Calls the scheduler's set_timesteps method and retrieves timesteps from the scheduler after the call. Handles custom timesteps. Any kwargs will be supplied to scheduler.set_timesteps.

Parameters:

Name Type Description Default
scheduler `SchedulerMixin`

The scheduler to get timesteps from.

required
num_inference_steps `int`

The number of diffusion steps used when generating samples with a pre-trained model. If used, timesteps must be None.

None
device `str` or `torch.device`, *optional*

The device to which the timesteps should be moved to. If None, the timesteps are not moved.

None
timesteps `list[int]`, *optional*

Custom timesteps used to override the timestep spacing strategy of the scheduler.

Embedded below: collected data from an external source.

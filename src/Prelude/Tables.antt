-- ===== src/Prelude/Tables.antt =====
-- Predicates on the rows of a map, and what an insertion does to them.
use Prim.Native.String.{String}
use mathlib.Core.Path.{◌≡◌, refl, sym, ap}
use mathlib.Core.Logic.{inl, inr}
use mathlib.Core.Bool.{Bool, true, false}
use mathlib.Core.Option.{none, some}
use mathlib.Core.List.{List, [], ◌∷◌, ◌++◌, map, Memᴰ}
use native.Mathlib.Omega.{arith}
use platform_ipam.Prelude.Tests.{◌==◌, string_eq, Bool-cases}
use platform_ipam.Prelude.Lists.{All, AllPairs, find_first, keep_if}
use platform_ipam.Prelude.Maps.{values, lookup, insert, remove}

module _ {ℓ} {A : Type ℓ} where
  module _ {κ} (P : A → Type κ) where
    pub All-append : (xs ys : List A) → All P xs → All P ys → All P (xs ++ ys)
    All-append [] ys h k = k
    All-append (x ∷ xs) ys h k = (h.0, All-append xs ys h.1 k)

    pub All-mem : (xs : List A) (x : A) → All P xs → Memᴰ x xs → P x
    All-mem [] x h m = elim m [ ]
    All-mem (y ∷ ys) x h (Memᴰ.head e) = rw e h.0
    All-mem (y ∷ ys) x h (Memᴰ.tail m) = All-mem ys x h.1 m

  pub All-of_mem {κ} : (P : A → Type κ) (xs : List A) → ((x : A) → Memᴰ x xs → P x) → All P xs
  All-of_mem P [] f = tt
  All-of_mem P (x ∷ xs) f = (f x (Memᴰ.head refl), All-of_mem P xs (λ y m. f y (Memᴰ.tail m)))

  pub All-map {κ μ} :
      (P : A → Type κ) (Q : A → Type μ)
      → ((x : A) → P x → Q x)
      → (xs : List A) → All P xs
      → All Q xs
  All-map P Q f [] h = tt
  All-map P Q f (x ∷ xs) h = (f x h.0, All-map P Q f xs h.1)

  pub AllPairs-map {κ μ} :
      (R : A → A → Type κ) (S : A → A → Type μ)
      → ((x y : A) → R x y → S x y)
      → (xs : List A) → AllPairs R xs
      → AllPairs S xs
  AllPairs-map R S f [] h = tt
  AllPairs-map R S f (x ∷ xs) h = (All-map (R x) (S x) (f x) xs h.0, AllPairs-map R S f xs h.1)

  pub All-keep_if {κ} :
      (P : A → Type κ) (f : A → Bool) (xs : List A) → All P xs → All P (keep_if f xs)
  All-keep_if P f [] h = tt
  All-keep_if P f (x ∷ xs) h = elim (Bool-cases (f x)) [
    | inl e ↦ rw e (h.0, All-keep_if P f xs h.1)
    | inr e ↦ rw e (All-keep_if P f xs h.1)
  ]

  pub keep_if-passes : (f : A → Bool) (xs : List A) → All (λ x. f x ≡ true) (keep_if f xs)
  keep_if-passes f [] = tt
  keep_if-passes f (x ∷ xs) = elim (Bool-cases (f x)) [
    | inl e ↦ rw e (e, keep_if-passes f xs)
    | inr e ↦ rw e (keep_if-passes f xs)
  ]

  pub mem-keep_if :
      (f : A → Bool) (xs : List A) (x : A) → Memᴰ x xs → f x ≡ true → Memᴰ x (keep_if f xs)
  mem-keep_if f [] x m t = elim m [ ]
  mem-keep_if f (y ∷ ys) x (Memᴰ.head e) t = let t' : f y ≡ true = rw (← e) t in rw t' (Memᴰ.head e)
  mem-keep_if f (y ∷ ys) x (Memᴰ.tail m) t = elim (Bool-cases (f y)) [
    | inl e ↦ rw e (Memᴰ.tail (mem-keep_if f ys x m t))
    | inr e ↦ rw e (mem-keep_if f ys x m t)
  ]

  pub mem-append_left : (xs ys : List A) (x : A) → Memᴰ x xs → Memᴰ x (xs ++ ys)
  mem-append_left [] ys x m = elim m [ ]
  mem-append_left (z ∷ xs) ys x (Memᴰ.head e) = Memᴰ.head e
  mem-append_left (z ∷ xs) ys x (Memᴰ.tail m) = Memᴰ.tail (mem-append_left xs ys x m)

  pub mem-append_right : (xs ys : List A) (x : A) → Memᴰ x ys → Memᴰ x (xs ++ ys)
  mem-append_right [] ys x m = m
  mem-append_right (z ∷ xs) ys x m = Memᴰ.tail (mem-append_right xs ys x m)

  -- Every element of a list whose search finds nothing fails the test.
  pub find_first-none :
      (f : A → Bool) (xs : List A) → find_first f xs ≡ none → All (λ x. f x ≡ false) xs
  find_first-none f [] h = tt
  find_first-none f (x ∷ xs) h = elim (Bool-cases (f x)) [
    | inl e ↦ absurd (ground (arith, e, h))
    | inr e ↦ (e, find_first-none f xs (rw e at h))
  ]

  pub find_first-mem :
      (f : A → Bool) (xs : List A) (a : A) → find_first f xs ≡ some a → Memᴰ a xs × (f a ≡ true)
  find_first-mem f [] a h = absurd cc
  find_first-mem f (x ∷ xs) a h = elim (Bool-cases (f x)) [
    | inl e ↦ let same : x ≡ a = ground (arith, e, h) in (Memᴰ.head (sym same), rw (← same) e)
    | inr e ↦ let (m, t) = find_first-mem f xs a (rw e at h) in (Memᴰ.tail m, t)
  ]

  pub AllPairs-snoc {κ} :
      (R : A → A → Type κ) (xs : List A) (y : A)
      → AllPairs R xs
      → All (λ x. R x y) xs
      → AllPairs R (xs ++ y ∷ [])
  AllPairs-snoc R [] y h k = (tt, tt)
  AllPairs-snoc R (x ∷ xs) y h k =
      (All-append (R x) xs (y ∷ []) h.0 (k.0, tt), AllPairs-snoc R xs y h.1 k.1)

module _ {ℓ μ} {A : Type ℓ} {B : Type μ} (f : A → B) where
  pub mem-map : (xs : List A) (x : A) → Memᴰ x xs → Memᴰ (f x) (map f xs)
  mem-map [] x m = elim m [ ]
  mem-map (y ∷ ys) x (Memᴰ.head e) = Memᴰ.head (ap f e)
  mem-map (y ∷ ys) x (Memᴰ.tail m) = Memᴰ.tail (mem-map ys x m)

  pub All-of_map {κ} : (P : B → Type κ) (xs : List A) → All (λ x. P (f x)) xs → All P (map f xs)
  All-of_map P [] h = tt
  All-of_map P (x ∷ xs) h = (h.0, All-of_map P xs h.1)

module _ {ℓ} {V : Type ℓ} where
  -- A new key adds its row behind the others.
  pub values-insert_new :
      (k : String) (v : V) (m : List (String × V))
      → lookup k m ≡ none
      → values (insert k v m) ≡ values m ++ v ∷ []
  unfolding lookup insert
  values-insert_new k v [] h = refl
  values-insert_new k v ((j, w) ∷ m) h = elim (Bool-cases (j == k)) [
    | inl e ↦ absurd (ground (arith, e, h))
    | inr e ↦ let rest = values-insert_new k v m (rw e at h) in rw e (rw rest refl)
  ]

  pub lookup-mem :
      (k : String) (v : V) (m : List (String × V)) → lookup k m ≡ some v → Memᴰ v (values m)
  unfolding lookup
  lookup-mem k v [] h = absurd cc
  lookup-mem k v ((j, w) ∷ m) h = elim (Bool-cases (j == k)) [
    | inl e ↦ Memᴰ.head (ground (arith, e, h))
    | inr e ↦ Memᴰ.tail (lookup-mem k v m (rw e at h))
  ]

  module _ {κ} (P : V → Type κ) where
    -- What holds of every row holds after one row is put in.
    pub All-insert :
        (k : String) (v : V) (m : List (String × V))
        → All P (values m)
        → P v
        → All P (values (insert k v m))
    unfolding insert
    All-insert k v [] h p = (p, tt)
    All-insert k v ((j, w) ∷ m) h p = elim (Bool-cases (j == k)) [
      | inl e ↦ rw e (p, h.1)
      | inr e ↦ rw e (h.0, All-insert k v m h.1 p)
    ]

  module _ {κ} (R : V → V → Type κ) where
    -- A pairwise relation survives the replacement of a row by one that is related like it.
    pub AllPairs-insert :
        (k : String) (v w : V) (m : List (String × V))
        → lookup k m ≡ some v
        → ((x : V) → R x v → R x w)
        → ((x : V) → R v x → R w x)
        → AllPairs R (values m)
        → AllPairs R (values (insert k w m))
    unfolding lookup insert
    AllPairs-insert k v w [] h f g r = absurd cc
    AllPairs-insert k v w ((j, u) ∷ m) h f g r = elim (Bool-cases (j == k)) [
      | inl e ↦
          let same : u ≡ v = ground (arith, e, h) in
          rw e (All-map (R u) (R w) (λ x q. g x (rw same at q)) (values m) r.0, r.1)
      | inr e ↦
          let rest = rw e at h in
          rw e (
            All-insert (R u) k w m r.0
                (f u (All-mem (R u) (values m) v r.0 (lookup-mem k v m rest))),
            AllPairs-insert k v w m rest f g r.1,
          )
    ]

module _ {ℓ} {V : Type ℓ} where
  pub All-remove {κ} :
      (P : V → Type κ) (k : String) (m : List (String × V))
      → All P (values m)
      → All P (values (remove k m))
  unfolding remove
  All-remove P k [] h = tt
  All-remove P k ((j, w) ∷ m) h = elim (Bool-cases (j == k)) [
    | inl e ↦ rw e (All-remove P k m h.1)
    | inr e ↦ rw e (h.0, All-remove P k m h.1)
  ]

  pub AllPairs-remove {κ} :
      (R : V → V → Type κ) (k : String) (m : List (String × V))
      → AllPairs R (values m)
      → AllPairs R (values (remove k m))
  unfolding remove
  AllPairs-remove R k [] h = tt
  AllPairs-remove R k ((j, w) ∷ m) h = elim (Bool-cases (j == k)) [
    | inl e ↦ rw e (AllPairs-remove R k m h.1)
    | inr e ↦ rw e (All-remove (R w) k m h.0, AllPairs-remove R k m h.1)
  ]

If timesteps is passed, num_inference_steps and sigmas must be None.

None
sigmas `list[float]`, *optional*

Custom sigmas used to override the timestep spacing strategy of the scheduler. If sigmas is passed, num_inference_steps and timesteps must be None.

None

Returns:

Type Description
Tensor

Tuple[torch.Tensor, int]: A tuple where the first element is the timestep schedule from the scheduler and the

int

second element is the number of inference steps.